Alset TeamApril 25, 20267 min

Agents Are Just Loops

Strip away the hype and an AI agent is a simple pattern: a language model that can call functions. The model doesn't execute code. It doesn't access databases. It outputs a structured request — "call this function with these arguments" — and your code does the rest.

Here's the core loop:

  • User sends a message
  • Model receives the message plus a list of available tools (JSON Schema definitions)
  • Model decides: respond with text, or call a tool
  • If tool call: your code executes the function, sends the result back
  • Model sees the result, decides next action
  • Repeat until the model responds with text (no more tool calls)
  • That's it. Every AI agent — from simple chatbots to complex autonomous systems — runs some variation of this loop.

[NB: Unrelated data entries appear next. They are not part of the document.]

-- ===== src/Audit/Record.antt =====
-- collaboration/audit.py: what reading checks, and what the commit of one record leaves in the file.
use jn_engine_contributor_mc.Base.{
  ℕ, suc, zero, ◌+◌, ◌≤◌, ◌<◌, ◌≡◌, refl, ◌⊎◌, inl, inr, true, false, some, List, [], ◌∷◌, ◌++◌,
  arith, ltb, Bool-cases,
}
use jn_engine_contributor_mc.Python.Json.{obj, Fields}
use jn_engine_contributor_mc.Python.Result.{Exception, Result, ok, err, >>=-eq-ok, Result-cases}
use jn_engine_contributor_mc.Audit.{
  File, Line, Host, Decision, Written, complete, failed, out_of_fuel, write_all, add_record,
  finish_write, write_record, parse_line, parse_lines, read_records, commit, returned,
  max_audit_record_bytes, max_transaction_bytes,
}
use jn_engine_contributor_mc.Audit.Write.{write_all-returns, write_all-left}

pub Written-cases : (w : Written) → (w ≡ complete) ⊎ ((k : ℕ) × (w ≡ failed k)) ⊎ (w ≡ out_of_fuel)
Written-cases complete = inl refl
Written-cases (failed k) = inr (inl (k, refl))
Written-cases out_of_fuel = inr (inr refl)

parse_line_lem :
    (n : ℕ) (entry : Fields)
    → n ≤ max_audit_record_bytes
    → parse_line (record { size = n; body = some (obj entry) }) ≡ ok entry
unfolding parse_line
parse_line_lem n entry fits = ground arith

-- A whole record at the end of the lines is read back last.
pub parse_lines-append :
    (lines : List Line) (n : ℕ) (entry : Fields) (records : List Fields)
    → parse_lines lines ≡ ok records
    → n ≤ max_audit_record_bytes
    → parse_lines (lines ++ record { size = n; body = some (obj entry) } ∷ [])
      ≡ ok (records ++ entry ∷ [])
unfolding parse_lines
parse_lines-append [] n entry records h fits = ground (arith, parse_line_lem n entry)
parse_lines-append (l ∷ lines) n entry records h fits =
    let (fs, p, q) = >>=-eq-ok (parse_line l) _ h in
    let (rs, r, s) = >>=-eq-ok (parse_lines lines) _ q in
    ground (arith, parse_lines-append lines n entry rs r)

-- The last line is whole once the write was complete.
add_record_complete :
    (host : Host) (file : File) (size : ℕ) (entry : Fields) (records : List Fields)
    → parse_lines file.lines ≡ ok records
    → file.torn ≡ false
    → 0 < size
    → size ≤ max_audit_record_bytes
    → (parse_lines (add_record host file size 0 entry).lines ≡ ok (records ++ entry ∷ []))
      × ((add_record host file size 0 entry).bytes ≡ file.bytes + size)
      × ((add_record host file size 0 entry).torn ≡ false)
unfolding add_record
add_record_complete host file zero entry records h whole p fits = elim p [ ]
add_record_complete host file (suc n) entry records h whole p fits =
    (ground (arith, parse_lines-append file.lines n entry records h), ground arith, ground arith)

-- A failed write leaves the file as it was, or torn.
add_record-failed :
    (host : Host) (file : File) (size left : ℕ) (entry : Fields)
    → 1 ≤ left
    → left ≤ size
    → ((add_record host file size left entry ≡ file)
        ⊎ ((add_record host file size left entry).torn ≡ true))
      × ((add_record host file size left entry).bytes ≤ file.bytes + size)
unfolding add_record
add_record-failed host file size left entry p q = (ground arith, ground arith)

-- What one call may leave behind: the file as it was, a torn file that no later call accepts, or
-- the records that were read and the new one after them.
abbrev pub Leaves : File → List Fields → Fields → File → Type 0
Leaves file records entry file' =
    (file' ≡ file)
    ⊎ (file'.torn ≡ true)
    ⊎ ((file'.torn ≡ false) × (parse_lines file'.lines ≡ ok (records ++ entry ∷ [])))

module _ (host : Host) (file : File) (size : ℕ) (entry : Fields) (records : List Fields)
    (parsed : parse_lines file.lines ≡ ok records) (whole : file.torn ≡ false) (nonempty : 0 < size)
    (fits : size ≤ max_audit_record_bytes) where
  finish_write-Leaves :
      (w : Written)
      → write_all size host.writes 0 size ≡ w
      → Leaves file records entry (finish_write host file size entry w).1
  unfolding finish_write
  finish_write-Leaves complete e =
      let (p, q, r) = add_record_complete host file size entry records parsed whole nonempty fits in
      inr (inr (r, p))
  finish_write-Leaves (failed k) e =
      let (p, q) = write_all-left size host.writes 0 size k e in
      ground (arith, (add_record-failed host file size k entry p q).0)
  finish_write-Leaves out_of_fuel e =
      absurd (write_all-returns size host.writes 0 size (omega arith) e)

  pub write_record-Leaves : Leaves file records entry (write_record host file size entry).1
  unfolding write_record
  write_record-Leaves = finish_write-Leaves (write_all size host.writes 0 size) refl

  finish_write-bytes :
      (w : Written)
      → write_all size host.writes 0 size ≡ w
      → (finish_write host file size entry w).1.bytes ≤ file.bytes + size
  unfolding finish_write
  finish_write-bytes complete e =
      let (p, q, r) = add_record_complete host file size entry records parsed whole nonempty fits in
      omega arith
  finish_write-bytes (failed k) e =
      let (p, q) = write_all-left size host.writes 0 size k e in
      (add_record-failed host file size k entry p q).1
  finish_write-bytes out_of_fuel e = omega arith

  pub write_record-bytes : (write_record host file size entry).1.bytes ≤ file.bytes + size
  unfolding write_record
  write_record-bytes = finish_write-bytes (write_all size host.writes 0 size) refl

  finish_write-ok :
      (w : Written) {u : Unit {0}} {file' : File}
      → finish_write host file size entry w ≡ (ok u, file')
      → (file'.torn ≡ false) × (parse_lines file'.lines ≡ ok (records ++ entry ∷ []))
  unfolding finish_write
  finish_write-ok complete h =
      let (p, q, r) = add_record_complete host file size entry records parsed whole nonempty fits in
      ground arith
  finish_write-ok (failed k) h = cc
  finish_write-ok out_of_fuel h = cc

  pub write_record-ok :
      {u : Unit {0}} {file' : File}
      → write_record host file size entry ≡ (ok u, file')
      → (file'.torn ≡ false) × (parse_lines file'.lines ≡ ok (records ++ entry ∷ []))
  unfolding write_record
  write_record-ok h = finish_write-ok (write_all size host.writes 0 size) h

-- Reading the records checks that the file is whole and within its bound.
pub read_records-ok :
    (host : Host) (file : File) (records : List Fields)
    → read_records host file ≡ ok records
    → (parse_lines file.lines ≡ ok records)
      × (file.torn ≡ false)
      × (file.bytes ≤ max_transaction_bytes)
unfolding read_records
read_records-ok host file records h = ground arith

pub read_records-torn :
    (host : Host) (file : File)
    → file.torn ≡ true
    → (e : Exception) × (read_records host file ≡ err e)
unfolding read_records
read_records-torn host file h = elim (Result-cases (read_records host file)) [
  | inl (records, e) ↦ absurd (ground (arith, (read_records-ok host file records e).1))
  | inr e ↦ e
]

returned-file {ℓ} : {A : Type ℓ} (v : A) (r : Result (Unit {0}) × File) → (returned v r).1 ≡ r.1
returned-file v (ok u, file) = refl
returned-file v (err e, file) = refl

returned-ok {ℓ} :
    {A : Type ℓ} (v : A) (r : Result (Unit {0}) × File) {w : A} {file' : File}
    → returned v r ≡ (ok w, file')
    → (w ≡ v) × (u : Unit {0}) × (r ≡ (ok u, file'))
returned-ok v (ok u, file) h = (cc, u, cc)
returned-ok v (err e, file) h = cc

module _ {ℓ} {A : Type ℓ} (encoded : Fields → ℕ) (encoded_pos : (r : Fields) → 0 < encoded r)
    (host : Host) (file : File) where
  module _ (records : List Fields) (parsed : read_records host file ≡ ok records)
      (d : Decision A) where
    pub commit-ok :
        {v : A} {file' : File}
        → commit encoded host file d ≡ (ok v, file')
        → (v ≡ d.value)
          × (file'.torn ≡ false)
          × (parse_lines file'.lines ≡ ok (records ++ d.entry ∷ []))
    unfolding commit
    commit-ok h = elim (Bool-cases (ltb max_audit_record_bytes (encoded d.entry))) [
      | inl big ↦ ground arith
      | inr fits ↦ elim (Bool-cases (ltb max_transaction_bytes (file.bytes + encoded d.entry))) [
        | inl full ↦ ground arith
        | inr room ↦
            let (p, q, r) = read_records-ok host file records parsed in
            let (eq, u, w) =
              returned-ok d.value (write_record host file (encoded d.entry) d.entry)
                (rw (fits, room) at h) in
            let (whole, back) =
              write_record-ok host file (encoded d.entry) d.entry records p q (encoded_pos d.entry)
                (ground arith) w in
            (eq, whole, back)
      ]
    ]

    pub commit-Leaves : Leaves file records d.entry (commit encoded host file d).1
    unfolding commit
    commit-Leaves =
        let (p, q, r) = read_records-ok host file records parsed in
        ground (
          arith,
          returned-file d.value (write_record host file (encoded d.entry) d.entry),
          write_record-Leaves host file (encoded d.entry) d.entry records p q (encoded_pos d.entry),
        )

    pub commit-bytes : (commit encoded host file d).1.bytes ≤ max_transaction_bytes
    unfolding commit
    commit-bytes =
        let (p, q, r) = read_records-ok host file records parsed in
        ground (
          arith,
          returned-file d.value (write_record host file (encoded d.entry) d.entry),
          write_record-bytes host file (encoded d.entry) d.entry records p q (encoded_pos d.entry),
        )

    Why JSON Schema Matters

    The tool definitions you give the model are JSON Schema objects. They describe the function name, parameters, types, and constraints. The model uses these schemas to generate valid function calls.

    {
      "name": "search_customers",
      "description": "Search the CRM by name, email, or account ID",
      "parameters": {
        "type": "object",
        "properties": {
          "query": { "type": "string" },
          "field": {
            "type": "string",
            "enum": ["name", "email", "account_id"]
          },
          "limit": { "type": "integer", "default": 10 }
        },
        "required": ["query", "field"]
      }
    }

    The quality of your schema directly determines the quality of the agent. Vague descriptions produce wrong tool calls. Missing constraints produce invalid arguments. Your tool schema is the interface contract between the model and your system.

    Schema Design Principles

  • Be specific in descriptions. "Search customers" is worse than "Search the CRM by name, email, or account ID. Returns matching customer records with their subscription status."
  • Use enums for constrained choices. Don't let the model guess valid values.
  • Mark required fields explicitly. Models will omit optional parameters when unsure.
  • Keep parameter count low. More than 5-6 parameters per tool and accuracy drops. Split into multiple tools instead.
  • The Execution Layer

    The model outputs tool calls as structured JSON. Your code is responsible for:

  • Validation: Check that arguments match the schema before executing
  • Authorization: Does this user have permission to call this tool?
  • Execution: Run the actual function (database query, API call, calculation)
  • Error handling: Return structured errors the model can understand and retry
  • Result formatting: Send back results in a format the model can reason about
  • async function executeTool(call: ToolCall): Promise<ToolResult> {
      const handler = toolHandlers[call.name];
      if (!handler) return { error: "Unknown tool" };
    
      try {
        const result = await handler(call.arguments);
        return { success: true, data: result };
      } catch (err) {
        return { error: err.message, retryable: true };
      }
    }

    Multi-Step Reasoning

    The real power emerges when the model chains tool calls. Ask "find our biggest customer and check their support tickets" and the model will:

  • Call search_customers with sort by revenue
  • See the result, extract the customer ID
  • Call get_support_tickets with that customer ID
  • Synthesize both results into a coherent answer
  • Each step is deterministic code execution. The model only decides which tool to call and what arguments to pass. Your code controls everything else.

    The Enterprise Takeaway

    Building AI agents isn't about prompt engineering tricks. It's about designing clean tool interfaces, writing robust execution layers, and controlling the loop. The model is a reasoning engine. Your tools are the hands.

    Get the tools right and the agent works. Get them wrong and no amount of prompt tuning will save you.